Ooh, this is a fun one. This week's Fun Monday host, Jo at Chocolate and Other Things, wants to hear about our mom or grandma. Here are her instructions:
March 2nd is my Mom's birthday and was her mother's birthday as well. For this week's Fun Monday, tell me something fun about your mother and/or her mother. What fun, weird, laughable memories do you have of your Mom or your Grandma?
I have many fun memories of my mother and enjoy making new ones with her on a regular basis. Growing up, I always felt she was a little different than my friends' mothers. Mama liked to have fun. Oh, she made us do chores and was pretty strict with the discipline. (Remind me sometime to tell you about the time she spanked me with a wooden spoon.) But she has always enjoyed life and a hearty laugh. She's the woman in the theater who laughs too loud and too long. My good friend E. whom I've known since kindergarten reminds me every now and then of the time when we were kids and mama told us she wanted to ride an ostrich.
The older I get the more I learn about my mother and how wrong many of my assumptions about her over the years have been, especially when our conversations stray into politics and heavy issues like abortion and health care.
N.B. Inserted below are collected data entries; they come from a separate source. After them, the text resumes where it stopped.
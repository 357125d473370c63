-- ===== src/Mesh/Loop.antt =====
-- `run_tunnel_loop` of p2p-node/src/local_mesh.rs. One step of the loop is an event that `select!`
-- picked: a message from the tunnel's channel, the channel's end, a packet, or a failed read. What the
-- socket says to a write, and what the session and serde_json make of the bytes, come with the event.
pub mod Laws
use p2p_common.Common.{
  ℕ, ◌==◌, String, Bool, true, false, Option, none, some, List, [], ◌∷◌, if◌then◌else◌,
}
use p2p_common.Common.Dict.{get, insert, remove}
use p2p_common.Protocol.Types.{Uuid}
use p2p_common.Protocol.Message.{P2pMessage}
use p2p_common.Mesh.Messages.{Mesh, TunnelSession, handle_tunnel_message}

pub data Event : Type 0 where
  -- `rx.recv()` gave the oldest message; false: writing its packet failed. A message that serde_json
  -- or the session refuses is dropped, and the loop goes on as after one that was written.
  outgoing : Bool → Event
  senders_gone : Event
  -- a packet; none: the session or serde_json refused it
  packet : Option P2pMessage → Event
  read_failed : Event

-- The head of the tunnel's queue leaves it when the loop receives it.
abbrev pub popped : TunnelSession → TunnelSession
popped t = elim (t.queue) [ [] ↦ t | _ ∷ rest ↦ record t { queue = rest } ]

-- The channel of this connection: the entry of the table, as long as that is of this connection.
unfoldable pub received : Mesh → String → Uuid → Mesh
received m remote connection = elim (get m.tunnels remote) [
  | none ↦ m
  | some t ↦
      if t.connection_id == connection
      then record m { tunnels = insert m.tunnels remote (popped t) }
      else m
]

-- The end of the loop: the entry is removed if it is this connection's.
unfoldable pub cleanup : Mesh → String → Uuid → Mesh
cleanup m remote connection = elim (get m.tunnels remote) [
  | none ↦ m
  | some t ↦
      if t.connection_id == connection then record m { tunnels = remove m.tunnels remote } else m
]

-- The state of the tables after the events, and the events that were not taken any more; none: the
-- loop still runs.
unfoldable pub run_tunnel_loop :
    List Event → Mesh → String → String → Uuid → Mesh × Option (List Event)
unfolding cleanup received handle_tunnel_message
run_tunnel_loop [] m remote my_id connection = (m, none)
run_tunnel_loop (outgoing true ∷ es) m remote my_id connection =
    run_tunnel_loop es (received m remote connection) remote my_id connection
run_tunnel_loop (outgoing false ∷ es) m remote my_id connection =
    (cleanup (received m remote connection) remote connection, some es)
run_tunnel_loop (senders_gone ∷ es) m remote my_id connection =
    (cleanup m remote connection, some es)
run_tunnel_loop (packet none ∷ es) m remote my_id connection =
    run_tunnel_loop es m remote my_id connection
run_tunnel_loop (packet (some msg) ∷ es) m remote my_id connection =
    run_tunnel_loop es (handle_tunnel_message m msg remote my_id) remote my_id connection
run_tunnel_loop (read_failed ∷ es) m remote my_id connection =
    (cleanup m remote connection, some es)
It took me a long time to realize that she isn't defined solely by motherhood. That's she's a woman who has lived, loved and dreamed. I guess that's why I like this picture of her so much.
She's the one in the middle, standing in front of the airplane her daddy flew. That's two of her three siblings next to her. She is a poet with a deep appreciation of the written and spoken word, so I should probably thank her for my love of writing and reading. She took me and my brothers to the library all of the time when we were kids. The memory of her I'm sharing with you today isn't exactly a joyous one, but it makes me smile whenever she tells this story because it really does give me insight into the wonderful person that she is.
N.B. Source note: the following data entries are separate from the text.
-- ===== src/Mesh/Loop/Laws.antt =====
-- What the loop of a tunnel leaves in the table of tunnels.
use mathlib.Core.List.{append_assoc}
use p2p_common.Common.{
  ◌≡◌, ◌≢◌, ◌⊎◌, refl, sym, ap, ◌∙◌, String, true, false, Option, none, some, List, [], ◌∷◌, ◌++◌,
  str_eq, str_eq_refl, ◌==◌, ==_iff, str_eq_ne, arith, inl, inr, Bool-cases, Option-cases,
}
use p2p_common.Common.Dict.{get, get-insert, get-insert_self, get-remove}
use p2p_common.Protocol.Types.{Uuid}
use p2p_common.Protocol.Message.{P2pMessage}
use p2p_common.Mesh.Messages.{Mesh, TunnelSession, handle_tunnel_message}
use p2p_common.Mesh.Messages.Laws.{Extends, Extends-refl, handle_tunnel_message-Extends}
use p2p_common.Mesh.Loop.{
  Event, outgoing, senders_gone, packet, read_failed, popped, received, cleanup, run_tunnel_loop,
}

Extends-trans : (a b c : Option TunnelSession) → Extends a b → Extends b c → Extends a c
Extends-trans none none c h k = k
Extends-trans none (some u) c h k = cc h
Extends-trans (some t) none c (extra, e) k = cc e
Extends-trans (some t) (some u) c (extra, e) (more, k) =
    (extra ++ more, rw (k, ap connection_of e, ap queue_of e, append_assoc t.queue extra more) refl)
  where
    connection_of : Option TunnelSession → Uuid
    connection_of none = 0
    connection_of (some t) = t.connection_id

    queue_of : Option TunnelSession → List P2pMessage
    queue_of none = []
    queue_of (some t) = t.queue

-- The entry of the node `j` is not the one of the loop that runs for `remote` on `connection`.
abbrev pub Foreign : Mesh → String → Uuid → String → Type 0
Foreign m remote connection j =
    (j ≢ remote)
    ⊎ ((t : TunnelSession) × (get m.tunnels j ≡ some t) × (t.connection_id ≢ connection))

-- The entry of `remote` is the one of `connection`.
abbrev pub Own : Mesh → String → Uuid → Type 0
Own m remote connection =
    (t : TunnelSession) × (get m.tunnels remote ≡ some t) × (t.connection_id ≡ connection)

Foreign-Extends :
    (m n : Mesh) (remote : String) (connection : Uuid) (j : String)
    → Extends (get m.tunnels j) (get n.tunnels j)
    → Foreign m remote connection j
    → Foreign n remote connection j
Foreign-Extends m n remote connection j x (inl other) = inl other
Foreign-Extends m n remote connection j x (inr (t, e, h)) =
    let (extra, k) = rw e at x in inr (_, k, h)

Own-Extends :
    (m n : Mesh) (remote : String) (connection : Uuid)
    → Extends (get m.tunnels remote) (get n.tunnels remote)
    → Own m remote connection
    → Own n remote connection
Own-Extends m n remote connection x (t, e, h) = let (extra, k) = rw e at x in (_, k, h)

Foreign-ne :
    (m : Mesh) (remote : String) (connection : Uuid) (j : String) (t : TunnelSession)
    → get m.tunnels remote ≡ some t
    → (t.connection_id == connection) ≡ true
    → Foreign m remote connection j
    → str_eq remote j ≡ false
Foreign-ne m remote connection j t e own (inl other) = str_eq_ne remote j (λ same. other (sym same))
Foreign-ne m remote connection j t e own (inr (u, eu, hu)) =
    str_eq_ne remote j (λ (same : remote ≡ j).
      let at_j : get m.tunnels j ≡ some t = rw same at e in
      hu (cc (eu, at_j, (==_iff t.connection_id connection).0 own)))

received-Foreign :
    (m : Mesh) (remote : String) (connection : Uuid) (j : String)
    → Foreign m remote connection j
    → get (received m remote connection).tunnels j ≡ get m.tunnels j
unfolding received
received-Foreign m remote connection j h = elim (Option-cases (get m.tunnels remote)) [
  | inl missing ↦ rw (missing, received) refl
  | inr (t, e) ↦ elim (Bool-cases (t.connection_id == connection)) [
    | inr other ↦ rw (e, received, other) refl
    | inl own ↦
        rw
          (
            e,
            received,
            own,
            get-insert m.tunnels remote j (popped t),
            Foreign-ne m remote connection j t e own h,
          )
          refl
  ]
]

cleanup-Foreign :
    (m : Mesh) (remote : String) (connection : Uuid) (j : String)
    → Foreign m remote connection j
    → get (cleanup m remote connection).tunnels j ≡ get m.tunnels j
unfolding cleanup
cleanup-Foreign m remote connection j h = elim (Option-cases (get m.tunnels remote)) [
  | inl missing ↦ rw (missing, cleanup) refl
  | inr (t, e) ↦ elim (Bool-cases (t.connection_id == connection)) [
    | inr other ↦ rw (e, cleanup, other) refl
    | inl own ↦
        rw
          (
            e,
            cleanup,
            own,
            get-remove m.tunnels remote j,
            Foreign-ne m remote connection j t e own h,
          )
          refl
  ]
]

received-Own :
    (m : Mesh) (remote : String) (connection : Uuid)
    → Own m remote connection
    → Own (received m remote connection) remote connection
unfolding received
received-Own m remote connection (t, e, h) = (
  popped t,
  rw (e, received, (==_iff t.connection_id connection).1 h)
      (get-insert_self m.tunnels remote (popped t)),
  popped-connection t ∙ h,
)
  where
    popped-connection : (t : TunnelSession) → (popped t).connection_id ≡ t.connection_id
    popped-connection t = ground arith

cleanup-Own :
    (m : Mesh) (remote : String) (connection : Uuid)
    → Own m remote connection
    → get (cleanup m remote connection).tunnels remote ≡ none
unfolding cleanup
cleanup-Own m remote connection (t, e, h) =
    rw
      (
        e,
        cleanup,
        (==_iff t.connection_id connection).1 h,
        get-remove m.tunnels remote remote,
        str_eq_refl remote,
      )
      refl

-- A loop leaves every tunnel alone that is not its own: whatever events it takes, for a node id
-- other than the remote's, and for the remote's id too where the table holds a newer connection,
-- there is a tunnel after the events exactly when there was one before, of the same connection, and
-- its queue holds what it held, with what the loop added behind. In particular a loop that ends late
-- does not close the connection that replaced its own.
pub run_tunnel_loop-Extends :
    (events : List Event) (m : Mesh) (remote my_id : String) (connection : Uuid) (j : String)
    → Foreign m remote connection j
    → Extends (get m.tunnels j) (get (run_tunnel_loop events m remote my_id connection).0.tunnels j)
unfolding run_tunnel_loop
run_tunnel_loop-Extends [] m remote my_id connection j h = Extends-refl (get m.tunnels j)
run_tunnel_loop-Extends (outgoing true ∷ es) m remote my_id connection j h =
    let same = received-Foreign m remote connection j h in
    let next =
      Foreign-Extends m (received m remote connection) remote connection j
        (rw same (Extends-refl (get m.tunnels j))) h in
    rw same at
      (run_tunnel_loop-Extends es (received m remote connection) remote my_id connection j next)
run_tunnel_loop-Extends (outgoing false ∷ es) m remote my_id connection j h =
    let same = received-Foreign m remote connection j h in
    let next =
      Foreign-Extends m (received m remote connection) remote connection j
        (rw same (Extends-refl (get m.tunnels j))) h in
    rw (cleanup-Foreign (received m remote connection) remote connection j next, same)
      (Extends-refl (get m.tunnels j))
run_tunnel_loop-Extends (senders_gone ∷ es) m remote my_id connection j h =
    rw (cleanup-Foreign m remote connection j h) (Extends-refl (get m.tunnels j))
run_tunnel_loop-Extends (packet none ∷ es) m remote my_id connection j h =
    run_tunnel_loop-Extends es m remote my_id connection j h
run_tunnel_loop-Extends (packet (some msg) ∷ es) m remote my_id connection j h =
    let n = handle_tunnel_message m msg remote my_id in
    let x = handle_tunnel_message-Extends m msg remote my_id j in
    Extends-trans (get m.tunnels j) (get n.tunnels j) _ x (
      run_tunnel_loop-Extends es n remote my_id connection j
        (Foreign-Extends m n remote connection j x h))
run_tunnel_loop-Extends (read_failed ∷ es) m remote my_id connection j h =
    rw (cleanup-Foreign m remote connection j h) (Extends-refl (get m.tunnels j))

-- A loop whose connection is the one in the table takes it out of the table when it ends, whichever
-- event ends it.
pub run_tunnel_loop-closes :
    (events rest : List Event) (m : Mesh) (remote my_id : String) (connection : Uuid)
    → Own m remote connection
    → (run_tunnel_loop events m remote my_id connection).1 ≡ some rest
    → get (run_tunnel_loop events m remote my_id connection).0.tunnels remote ≡ none
unfolding run_tunnel_loop
run_tunnel_loop-closes [] rest m remote my_id connection h ended = cc ended
run_tunnel_loop-closes (outgoing true ∷ es) rest m remote my_id connection h ended =
    run_tunnel_loop-closes es rest (received m remote connection) remote my_id connection
      (received-Own m remote connection h) ended
run_tunnel_loop-closes (outgoing false ∷ es) rest m remote my_id connection h ended =
    cleanup-Own (received m remote connection) remote connection
      (received-Own m remote connection h)
run_tunnel_loop-closes (senders_gone ∷ es) rest m remote my_id connection h ended =
    cleanup-Own m remote connection h
run_tunnel_loop-closes (packet none ∷ es) rest m remote my_id connection h ended =
    run_tunnel_loop-closes es rest m remote my_id connection h ended
run_tunnel_loop-closes (packet (some msg) ∷ es) rest m remote my_id connection h ended =
    run_tunnel_loop-closes es rest (handle_tunnel_message m msg remote my_id) remote my_id
      connection
      (Own-Extends m (handle_tunnel_message m msg remote my_id) remote connection
        (handle_tunnel_message-Extends m msg remote my_id remote) h)
      ended
run_tunnel_loop-closes (read_failed ∷ es) rest m remote my_id connection h ended =
    cleanup-Own m remote connection h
When I was really young we lived just outside of Chicago. I was the firstborn, and SuperCop didn't come along until I was five years old, so for a while I had mama to myself when daddy was at work. I have memories of sharing Dr. Pepper's and Hostess fruit pies at the beauty shop each week and riding the train to the southern tip of Illinois to visit my grandparents on weekends. Occasionally, mama babysat other kids to make a little money and to give me a playmate. When I was about four she started watching a baby during the day. The baby's parents were somewhat poor and had several other children and mama always felt like the baby probably didn't get the attention it needed. One night the baby's parents knocked on our door, said they'd had a fire at their house and asked mama to watch the baby for a few hours while they made arrangements for a place to stay. She did. However, a few hours stretched into several hours with no word from the family. The hours began to stack up, and mama had no way of getting in touch with the baby's parents. This was in the late 1960's when communication wasn't what it is today. Mama started to worry that something had gone wrong. The supplies the family had left with the baby ran out, and mama went to the store for more formula. I forget how much time passed, but after a few days it became obvious that the parents had left town. Mama went to the police station to report it. The police asked her to continue caring for the baby while they looked for the child's family. They found them. In neighboring Indiana. And while they made excuses for not calling mama or checking up on the baby, it was obvious to everyone involved that the parents probably had no intention of coming back for the baby. They had dropped her at mama's doorstep and tried not to turn around, but the police couldn't prove it. The parents thanked mama for taking care of the baby and took the child from mama's reluctant arms.
Over the years, mother has wondered about that child. Wondered what kind of childhood she had. Whether she was taken care of and what kind of life she leads now. Most of all she has wondered what would have happened if she had just kept the baby and never said anything to the police. In those days, she might have gotten away with it. She probably could have given some kind of story about a lost birth certificate, ordered another one and carried on as if nothing had happened. Maybe not. I know she has never forgotten about that child and even though she did the right thing, she's never felt comfortable with the decision to hand that baby back to those parents. And I've never heard her judge those parents, either. She considers the possibility that they made a desperate decision out of love for that baby. We'll never know, but I do know I love my mother very much for her choices with her own children and that little girl left on her doorstep.